GlobalTranz positions itself as a leader in customized solutions for a wide variety of shippers across many industry verticals. From LTL to truckload, final mile or white-glove service, intermodal, ocean, air, and cross-border Mexico transportation … are all part of the GlobalTranz offering. In addition, the company offers an award-winning TMS. The company takes pride in collaborative efforts between the people driving their technology as an integrated solution offered to their customer base.

“Whether a customer is best-suited for a 3PL or 4PL solution is typically not already known when we walk in the door, Spanier explains. “We like to show where a customer can gain the most value based on the solution and its capabilities. More times than not, it’s about voicing that to the customer and understanding where their constraints are and how we can put a solution together–a 3PL or a 4PL solution.”

GlobalTranz boasts a different approach when it comes to serving its customer base. Its robust managed solutions offerings serve a variety of needs that can be tailored upon identifying where the client’s business needs it the most. The experts at GlobalTranz take the process of solution identification one step further by evaluating the needs and configuring a solution from there. There is no “one-size-fits-all” solution, which is exactly how GlobalTranz separates itself from the rest as a leader in logistics solutions–whether that be a 3PL or 4PL solution.

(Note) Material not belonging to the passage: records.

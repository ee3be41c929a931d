-- ===== src/Cluster/Parse.antt =====
-- cluster/config.go: `ParseLayout`, on the lines that the scanner gives. `net.SplitHostPort` and the
-- hash of `nodeID` are parameters, and so is whether the scanner ended with an error.
pub mod Claims
pub mod Owners
pub mod Taken
pub mod Self
pub mod Fields
pub mod Consistent
use learning_redis.Common.{
  ℕ, zero, suc, ◌+◌, ◌-◌, List, [], ◌∷◌, ◌++◌, Bytes, Bool, true, false, ◌&&◌, ◌||◌, Option, none,
  some, ltb, leb, ◌==◌, if◌then◌else◌, length, get_elem?, set, replicate, bytes_eq,
}
use learning_redis.Common.Int.{ℤ, pos, negsuc, ltb_ℤ}
use learning_redis.Common.Decimal.{parse_int}
use learning_redis.Cluster.Slot.{num_slots}
use learning_redis.Cluster.Layout.{SlotRange, Node, Layout}

-- The kinds of error, with the slot and the two names of a slot that is claimed twice.
pub data LayoutError : Type 0 where
  too_few_fields duplicate_name duplicate_address bad_address bad_port : LayoutError
  bad_slot bad_slot_range outside : LayoutError
  claimed_by_both : ℕ → Bytes → Bytes → LayoutError
  port_twice scan_failed no_nodes no_self : LayoutError

-- `crashed` is a panic. The line numbers in the errors are left out.
pub data Result {ℓ} (A : Type ℓ) : Type ℓ where
  ok : A → Result A
  rejected : LayoutError → Result A
  crashed : Result A

abbrev pub then_do {ℓ κ} : {A : Type ℓ} {B : Type κ} → Result A → (A → Result B) → Result B
then_do (ok a) f = f a
then_do (rejected e) f = rejected e
then_do crashed f = crashed

-- `line[:i]` at the first '#'.
unfoldable pub strip_comment : Bytes → Bytes
strip_comment [] = []
strip_comment (c ∷ cs) = let rest = strip_comment cs in if c == b'#' then [] else c ∷ rest

-- The ASCII white space.
abbrev pub is_space : ℕ → Bool
is_space c = c == 32 || (leb 9 c && leb c 13)

abbrev pub end_field : Bytes → List Bytes → List Bytes
end_field [] rest = rest
end_field (c ∷ cs) rest = (c ∷ cs) ∷ rest

-- `strings.Fields`, with the field that is being read.
unfoldable pub fields_loop : Bytes → Bytes → List Bytes
fields_loop [] field = end_field field []
fields_loop (c ∷ cs) field =
    let rest = fields_loop cs (if is_space c then [] else field ++ c ∷ []) in
    if is_space c then end_field field rest else rest

unfoldable pub fields : Bytes → List Bytes
unfolding fields_loop
fields line = fields_loop line []

-- `strings.Cut(spec, "-")`: the part before, and the part after if there is a '-'.
abbrev pub before_cut : ℕ → Bytes × Option Bytes → Bytes × Option Bytes
before_cut c (lo, hi) = (c ∷ lo, hi)

unfoldable pub cut : Bytes → Bytes × Option Bytes
cut [] = ([], none)
cut (c ∷ cs) = let rest = cut cs in if c == b'-' then ([], some cs) else before_cut c rest

abbrev pub checked_range : ℤ → ℤ → Result SlotRange
checked_range (pos start) (pos end) =
    if leb num_slots end || ltb end start
    then rejected outside
    else ok (record { start = start; end = end })
checked_range start end = rejected outside

abbrev pub range_to : ℤ → Option ℤ → Result SlotRange
range_to start none = rejected bad_slot_range
range_to start (some end) = checked_range start end

abbrev pub range_from : Option Bytes → Option ℤ → Result SlotRange
range_from hi none = rejected bad_slot
range_from none (some start) = checked_range start start
range_from (some hi) (some start) = range_to start (parse_int hi)

unfoldable pub parse_range : Bytes → Result SlotRange
unfolding cut
parse_range spec = let (lo, hi) = cut spec in range_from hi (parse_int lo)

-- The layout so far, with the names and the addresses that were seen.
pub record Parsing : Type 0 where
  pub nodes : List Node
  pub self : Option ℕ
  pub owner : List (Option ℕ)
  pub names : List Bytes
  pub addrs : List Bytes

unfoldable pub contains : Bytes → List Bytes → Bool
contains s [] = false
contains s (t ∷ ts) = bytes_eq s t || contains s ts

abbrev pub name_at : List Node → ℕ → Bytes
name_at nodes i = elim (get_elem? nodes i) [ none ↦ [] | some n ↦ n.name ]

abbrev pub claim_one :
    (List (Option ℕ) → Result (List (Option ℕ)))
    → List Node
    → Node
    → ℕ
    → List (Option ℕ)
    → Option (Option ℕ)
    → Result (List (Option ℕ))
claim_one more nodes n s owner none = crashed
claim_one more nodes n s owner (some (some prev)) =
    rejected (claimed_by_both s (name_at (nodes ++ n ∷ []) prev) n.name)
claim_one more nodes n s owner (some none) = more (set owner s (some (length nodes)))

-- `for s := sr.Start; s <= sr.End; s++`: `count` slots from `s`. The node comes after `nodes`.
unfoldable pub claim : List Node → Node → ℕ → ℕ → List (Option ℕ) → Result (List (Option ℕ))
claim nodes n zero s owner = ok owner
claim nodes n (suc count) s owner =
    claim_one (claim nodes n count (suc s)) nodes n s owner (get_elem? owner s)

abbrev pub with_range : Node → SlotRange → Node
with_range n sr = record n { slots = n.slots ++ sr ∷ [] }

-- The loop over `fields[2:]`: the node with its ranges, and the owners.
unfoldable pub claim_all :
    List Node → List Bytes → Node → List (Option ℕ) → Result (Node × List (Option ℕ))
unfolding parse_range claim
claim_all nodes [] n owner = ok (n, owner)
claim_all nodes (spec ∷ specs) n owner = then_do (parse_range spec) (λ sr.
    then_do (claim nodes n (sr.end - sr.start + 1) sr.start owner)
      (λ owner'. claim_all nodes specs (with_range n sr) owner'))

abbrev pub self_after : ℤ → ℤ → ℕ → Option ℕ → Result (Option ℕ)
self_after my_port port i self =
    if ltb_ℤ port my_port || ltb_ℤ my_port port
    then ok self
    else elim self [ none ↦ ok (some i) | some j ↦ rejected port_twice ]

abbrev pub add_node : ℤ → Parsing → Node × List (Option ℕ) → Result Parsing
add_node my_port p (n, owner) = then_do (self_after my_port n.port (length p.nodes) p.self) (λ self.
    ok (record {
      nodes = p.nodes ++ n ∷ [];
      self = self;
      owner = owner;
      names = n.name ∷ p.names;
      addrs = n.addr ∷ p.addrs;
    }))

abbrev pub port_from : Option ℤ → Result ℤ
port_from none = rejected bad_port
port_from (some n) = ok n

abbrev pub port_of : Option (Bytes × Bytes) → Result ℤ
port_of none = rejected bad_address
port_of (some (host, port)) = port_from (parse_int port)

abbrev pub nothing_parsed : Parsing
nothing_parsed = record {
  nodes = [];
  self = none;
  owner = replicate num_slots none;
  names = [];
  addrs = [];
}

abbrev pub finish_with : Parsing → List Node → Option ℕ → Result Layout
finish_with p [] self = rejected no_nodes
finish_with p (n ∷ ns) none = rejected no_self
finish_with p (n ∷ ns) (some i) = ok (record { nodes = p.nodes; self = p.self; owner = p.owner })

abbrev pub finish : Bool → Parsing → Result Layout
finish scan_error p = if scan_error then rejected scan_failed else finish_with p p.nodes p.self

module _ (split_host_port : Bytes → Option (Bytes × Bytes)) (node_id : Bytes → Bytes) where
  abbrev pub parse_fields : ℤ → Parsing → List Bytes → Result Parsing
  parse_fields my_port p [] = ok p
  parse_fields my_port p (name ∷ []) = rejected too_few_fields
  parse_fields my_port p (name ∷ addr ∷ []) = rejected too_few_fields
  parse_fields my_port p (name ∷ addr ∷ spec ∷ specs) =
      if contains name p.names
      then rejected duplicate_name
      else if contains addr p.addrs
      then rejected duplicate_address
      else then_do (port_of (split_host_port addr)) (λ port.
        then_do
          (claim_all p.nodes (spec ∷ specs)
            (record { name = name; addr = addr; port = port; id = node_id name; slots = [] })
            p.owner)
          (add_node my_port p))

  unfoldable pub parse_lines : ℤ → List Bytes → Parsing → Result Parsing
  unfolding fields strip_comment contains claim_all
  parse_lines my_port [] p = ok p
  parse_lines my_port (line ∷ lines) p =
      then_do (parse_fields my_port p (fields (strip_comment line))) (parse_lines my_port lines)

  unfoldable pub parse_layout : List Bytes → Bool → ℤ → Result Layout
  unfolding parse_lines
  parse_layout lines scan_error my_port =
      then_do (parse_lines my_port lines nothing_parsed) (finish scan_error)
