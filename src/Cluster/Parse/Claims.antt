-- ===== src/Cluster/Parse/Claims.antt =====
-- cluster/config.go: ranges as they are read, and how a node claims their slots.
use learning_redis.Common.{
  ℕ, zero, suc, ◌+◌, ◌≤◌, ◌<◌, ◌≡◌, ◌≢◌, ◌⊎◌, inl, inr, refl, sym, ap, ◌∙◌, arith, List, Bytes,
  ◌||◌, Option, none, some, ltb, leb, length, get_elem?, set, Bool-cases, length-set,
  get_elem?-set_self, get_elem?-set_ne, get_elem?-some,
}
use learning_redis.Common.Int.{ℤ, pos, negsuc}
use learning_redis.Common.Decimal.{parse_int}
use learning_redis.Cluster.Slot.{num_slots}
use learning_redis.Cluster.Layout.{SlotRange, Node}
use learning_redis.Cluster.Parse.{
  Result, ok, rejected, crashed, then_do, claim, claim_one, parse_range, range_from, range_to,
  checked_range, cut,
}

-- No panic, and `P` of a result.
abbrev pub Fine {ℓ} : {A : Type ℓ} → (A → Type 0) → Result A → Type 0
Fine P (ok a) = P a
Fine P (rejected e) = Unit
Fine P crashed = ⊥

pub then_do-Fine {ℓ κ} :
    {A : Type ℓ} {B : Type κ} (P : A → Type 0) (Q : B → Type 0) (r : Result A) (f : A → Result B)
    → Fine P r
    → ((a : A) → P a → Fine Q (f a))
    → Fine Q (then_do r f)
then_do-Fine P Q (ok a) f p h = h a p
then_do-Fine P Q (rejected e) f p h = tt
then_do-Fine P Q crashed f p h = absurd p

-- The slots from `s` were free and are now of the node at `i`; the others are as they were.
pub record Claimed (i s count : ℕ) (before after : List (Option ℕ)) : Type 0 where
  pub size : length after ≡ length before
  pub inside :
      (slot : ℕ)
      → s ≤ slot
      → slot < s + count
      → (get_elem? before slot ≡ some none) × (get_elem? after slot ≡ some (some i))
  pub outside_of :
      (slot : ℕ) → (slot < s) ⊎ (s + count ≤ slot) → get_elem? after slot ≡ get_elem? before slot

Fine-map {ℓ} :
    {A : Type ℓ} (P Q : A → Type 0) (r : Result A) → ((a : A) → P a → Q a) → Fine P r → Fine Q r
Fine-map P Q (ok a) h p = h a p
Fine-map P Q (rejected e) h p = tt
Fine-map P Q crashed h p = p

-- A free slot, then those after it.
Claimed-first :
    (i s count : ℕ) (before after : List (Option ℕ))
    → s < length before
    → get_elem? before s ≡ some none
    → Claimed i (suc s) count (set before s (some i)) after
    → Claimed i s (suc count) before after
Claimed-first i s count before after lt free c = record {
  size = c.size ∙ length-set before s (some i);
  inside = λ slot lo hi. by_slot slot lo hi (same? slot s);
  outside_of = λ slot away.
      c.outside_of slot (further slot away)
      ∙ get_elem?-set_ne before s slot (some i) (apart slot away);
}
  where
    same? : (a b : ℕ) → (a ≡ b) ⊎ (a ≢ b)
    same? a b = ground arith

    apart : (slot : ℕ) → (slot < s) ⊎ (s + suc count ≤ slot) → s ≢ slot
    apart slot (inl h) e = omega (arith, h, e)
    apart slot (inr h) e = omega (arith, h, e)

    further :
        (slot : ℕ) → (slot < s) ⊎ (s + suc count ≤ slot) → (slot < suc s) ⊎ (suc s + count ≤ slot)
    further slot (inl h) = inl (omega (arith, h))
    further slot (inr h) = inr (omega (arith, h))

    by_slot :
        (slot : ℕ)
        → s ≤ slot
        → slot < s + suc count
        → (slot ≡ s) ⊎ (slot ≢ s)
        → (get_elem? before slot ≡ some none) × (get_elem? after slot ≡ some (some i))
    by_slot slot lo hi (inl e) = (
      ap (get_elem? before) e ∙ free,
      ap (get_elem? after) e
          ∙ c.outside_of s (inl (omega arith))
          ∙ get_elem?-set_self before s (some i) lt,
    )
    by_slot slot lo hi (inr ne) =
        let (was, is) = c.inside slot (omega (arith, lo, ne)) (omega (arith, hi)) in
        (sym (get_elem?-set_ne before s slot (some i) (λ e. ne (sym e))) ∙ was, is)

pub claim-Fine :
    (nodes : List Node) (n : Node) (count s : ℕ) (owner : List (Option ℕ))
    → s + count ≤ length owner
    → Fine (Claimed (length nodes) s count owner) (claim nodes n count s owner)
unfolding claim
claim-Fine nodes n zero s owner fits = record {
  size = refl;
  inside = λ slot lo hi. absurd (omega (arith, lo, hi));
  outside_of = λ slot away. refl;
}
claim-Fine nodes n (suc count) s owner fits =
    let (o, read) = get_elem?-some owner s (omega (arith, fits)) in
    let next = set owner s (some (length nodes)) in
    rw read (
      by_entry o read (
        claim-Fine nodes n count (suc s) next
          (omega (arith, fits, length-set owner s (some (length nodes))))))
  where
    by_entry :
        (o : Option ℕ)
        → get_elem? owner s ≡ some o
        → Fine
            (Claimed (length nodes) (suc s) count (set owner s (some (length nodes))))
            (claim nodes n count (suc s) (set owner s (some (length nodes))))
        → Fine
            (Claimed (length nodes) s (suc count) owner)
            (claim_one (claim nodes n count (suc s)) nodes n s owner (some o))
    by_entry (some prev) read rest = tt
    by_entry none read rest =
        let next = set owner s (some (length nodes)) in
        Fine-map (Claimed (length nodes) (suc s) count next)
          (Claimed (length nodes) s (suc count) owner) (claim nodes n count (suc s) next)
          (λ after. Claimed-first (length nodes) s count owner after (omega (arith, fits)) read)
          rest

-- A range that was read is not empty, and holds slots only.
abbrev pub InSlots : SlotRange → Type 0
InSlots r = (r.start ≤ r.end) × (r.end < num_slots)

checked_range-Fine : (start end : ℤ) → Fine InSlots (checked_range start end)
checked_range-Fine (pos start) (pos end) = elim (Bool-cases (leb num_slots end || ltb end start)) [
  | inl bad ↦ rw bad tt
  | inr good ↦ rw good (ground (arith, good), ground (arith, good))
]
checked_range-Fine (pos start) (negsuc end) = tt
checked_range-Fine (negsuc start) (pos end) = tt
checked_range-Fine (negsuc start) (negsuc end) = tt

pub parse_range-Fine : (spec : Bytes) → Fine InSlots (parse_range spec)
unfolding parse_range
parse_range-Fine spec = by_numbers (cut spec).1 (parse_int (cut spec).0)
  where
    by_numbers : (hi : Option Bytes) (lo : Option ℤ) → Fine InSlots (range_from hi lo)
    by_numbers none none = tt
    by_numbers (some hi) none = tt
    by_numbers none (some start) = checked_range-Fine start start
    by_numbers (some hi) (some start) = by_end (parse_int hi)
      where
        by_end : (end : Option ℤ) → Fine InSlots (range_to start end)
        by_end none = tt
        by_end (some end) = checked_range-Fine start end
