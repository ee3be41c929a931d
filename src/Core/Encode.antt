-- ===== src/Core/Encode.antt =====
-- core/encode.go: replies and commands as bytes.
use learning_redis.Common.{List, [], ◌∷◌, ◌++◌, Bytes, length, codes}
use learning_redis.Common.Int.{ℤ}
use learning_redis.Common.Decimal.{format_nat, format_int}

abbrev pub crlf : Bytes
crlf = 13 ∷ 10 ∷ []

unfoldable pub encode_simple_string : Bytes → Bytes
encode_simple_string s = b'+' ∷ (s ++ crlf)

unfoldable pub encode_error : Bytes → Bytes
encode_error s = b'-' ∷ (s ++ crlf)

unfoldable pub encode_bulk_string : Bytes → Bytes
encode_bulk_string s = b'$' ∷ (format_nat (length s) ++ (crlf ++ (s ++ crlf)))

unfoldable pub encode_null_bulk_string : Bytes
encode_null_bulk_string = codes "$-1" ++ crlf

unfoldable pub encode_integer : ℤ → Bytes
encode_integer n = b':' ∷ (format_int n ++ crlf)

unfoldable pub concat : List Bytes → Bytes
concat [] = []
concat (x ∷ xs) = x ++ concat xs

unfoldable pub encode_raw_array : List Bytes → Bytes
unfolding concat
encode_raw_array items = b'*' ∷ (format_nat (length items) ++ (crlf ++ concat items))

unfoldable pub bulk_strings : List Bytes → Bytes
bulk_strings [] = []
bulk_strings (arg ∷ args) = encode_bulk_string arg ++ bulk_strings args

unfoldable pub encode_array : List Bytes → Bytes
unfolding bulk_strings
encode_array args = b'*' ∷ (format_nat (length args) ++ (crlf ++ bulk_strings args))
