-- ===== src/Resources/Processor.antt =====
-- `getProcessorMHz` of win32/resources.go, over the registry (win32/registry.go), and what it makes of the
-- system's resources.
use damon.Prelude.{
  ℕ, ◌^◌, ◌<◌, ◌≡◌, ◌≢◌, arith, take, length, leb, if◌then◌else◌, Bool-cases, inl, inr, refl, ap,
  String, ◌<>◌, true, false, Option, none, some, List, [], ◌∷◌, ◌++◌, Result, ok, err,
}
use damon.Process.{Outcome, done, panic}
use damon.Handles.{HandleEvent, opened, closed, used}
use damon.Registry.{
  RegistryError, RegistryKey, wrapped, open_registry_key, root_key_handle, root_key_name,
  access_mask, key_read, QueryAnswer, value, reg_dword, reg_dword_big_endian, read_reg_value,
  read_dword,
}
use damon.Registry.Laws.{bytes, retried, read_dword_value-bytes, read_dword_value-other_type}

abbrev pub processor_key : String
processor_key = "HARDWARE\\DESCRIPTION\\System\\CentralProcessor\\0"

abbrev could_not_open : String
could_not_open = "getProcessorMHz: could not open HKLM:" <> processor_key

-- The text is the same for a value that cannot be read as for a key that cannot be opened.
of_value : Outcome (ℕ × Option RegistryError) → Outcome (Result RegistryError ℕ)
of_value panic = panic
of_value (done (n, some e)) = done (err (wrapped could_not_open e))
of_value (done (n, none)) = done (ok n)

of_values : Option (Outcome (ℕ × Option RegistryError)) → Option (Outcome (Result RegistryError ℕ))
of_values none = none
of_values (some r) = some (of_value r)

-- Over the calls `RegOpenKeyExW` and `RegQueryValueExW`, for the value "~MHz"; the close of the key is
-- deferred, and comes after a panic too. There is no result while no answer has ended the loop.
module _ (to_upper : String → String) (reg_open : ℕ → String → ℕ → Result ℕ ℕ)
    (wrap : Option RegistryError → Option RegistryError) where
  with_key :
      Result RegistryError RegistryKey
      → List QueryAnswer
      → List HandleEvent × Option (Outcome (Result RegistryError ℕ))
  unfolding of_values of_value
  with_key (err e) answers = ([], some (done (err (wrapped could_not_open e))))
  with_key (ok key) answers = (
    opened key.h_key ∷ used key.h_key ∷ closed key.h_key ∷ [],
    of_values (read_dword wrap answers),
  )

  unfoldable pub get_processor_mhz :
      List QueryAnswer → List HandleEvent × Option (Outcome (Result RegistryError ℕ))
  unfolding with_key
  get_processor_mhz answers =
      with_key
        (open_registry_key to_upper reg_open "HKLM" processor_key
          (record { read = true; write = false }))
        answers

  opens :
      (h : ℕ)
      → to_upper "HKLM" ≡ "HKLM"
      → reg_open 0x80000002 processor_key key_read ≡ ok h
      → open_registry_key to_upper reg_open "HKLM" processor_key
          (record { read = true; write = false })
        ≡ ok (record { str = "HKEY_LOCAL_MACHINE\\" <> processor_key; h_key = h })
  unfolding open_registry_key root_key_handle root_key_name access_mask
  opens h u o = rw u (rw o refl)

  -- Where the processor's key can be opened for reading, and holds a number of MHz below 2 ^ 32, that is
  -- what is found, however often the buffer had to be enlarged, and the key is closed.
  pub get_processor_mhz-bytes :
      (h n retries : ℕ) (slack : List ℕ) (answers : List QueryAnswer)
      → to_upper "HKLM" ≡ "HKLM"
      → reg_open 0x80000002 processor_key key_read ≡ ok h
      → n < 2 ^ 32
      → get_processor_mhz (retried retries (value (bytes n ++ slack) 4 reg_dword ∷ answers))
        ≡ (opened h ∷ used h ∷ closed h ∷ [], some (done (ok n)))
  unfolding get_processor_mhz with_key of_values of_value
  get_processor_mhz-bytes h n retries slack answers u o b = rw (opens h u o) (
      ap
        (λ (r : Option (Outcome (ℕ × Option RegistryError))).
          (opened h ∷ used h ∷ closed h ∷ [], of_values r))
        (read_dword_value-bytes wrap n retries slack answers b).0)

  -- Where the processor's key can be opened for reading, and the first answer is a value of a type that is
  -- neither of the two of 32-bit numbers, the processor is taken to have 0 MHz, and no error says so, if
  -- `errors.Wrapf` of nil is nil; where the size is over that of the buffer, the call panics instead. The key
  -- is closed either way.
  pub get_processor_mhz-other_type :
      (h size kind : ℕ) (buffer : List ℕ) (answers : List QueryAnswer)
      → to_upper "HKLM" ≡ "HKLM"
      → reg_open 0x80000002 processor_key key_read ≡ ok h
      → wrap none ≡ none
      → kind ≢ reg_dword
      → kind ≢ reg_dword_big_endian
      → get_processor_mhz (value buffer size kind ∷ answers) ≡ (
        opened h ∷ used h ∷ closed h ∷ [],
        some (if leb size (length buffer) then done (ok 0) else panic),
      )
  unfolding get_processor_mhz with_key of_values of_value read_dword read_reg_value
  get_processor_mhz-other_type h size kind buffer answers u o w a b = rw (opens h u o) (
      ap (λ (r : Option (Outcome (Result RegistryError ℕ))). (opened h ∷ used h ∷ closed h ∷ [], r))
        (elim (Bool-cases (leb size (length buffer))) [
          | inl e ↦
              ground (arith, e, read_dword_value-other_type wrap (take size buffer) kind w a b)
          | inr e ↦ ground (arith, e)
        ]))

“People, processes, and technology are important, and it’s crucial to establish relationships and communications that are aligned with company goals,” Spanier contends. “Without strong relationships in place, technology and process won’t deliver the needed support or what they’re looking to get out of a partner. When you have a customer looking at a 3PL solution, you want to make sure that a 3PL has the ability to bring in carriers no matter what markets they operate in. This is critical because they may be in one market today but with growth, both organic and through acquisitions, and the changing dynamics in customer demand and expectations, the footprint could expand and it’s important to have a partner that is quick to react and agile in respect to their carrier partners as well.”

So, when deciding on what makes the most sense for your business, consider partners that not only provide solutions but are agile and customizable based on specific business goals.

_______________________________________________________________

As the GlobalTranz Senior Vice President of Sales and Solutions, Ross Spanier leads the enterprise sales organization as well as the design and delivery of innovative and customized supply chain solutions that drive efficiency, cost savings and competitive advantages for current and prospective customers. With more than 15 years of experience in the supply chain and logistics industry, Spanier has developed and grown sales and operations teams specializing in best-in-class service execution of LTL, TL, expedite, supply chain management, projects & heavy haul, white glove and managed transportation service lines. Prior to joining GlobalTranz in 2017, he held sales and operations leadership roles at both C.H. Robinson and Logistics Planning Services (LPS).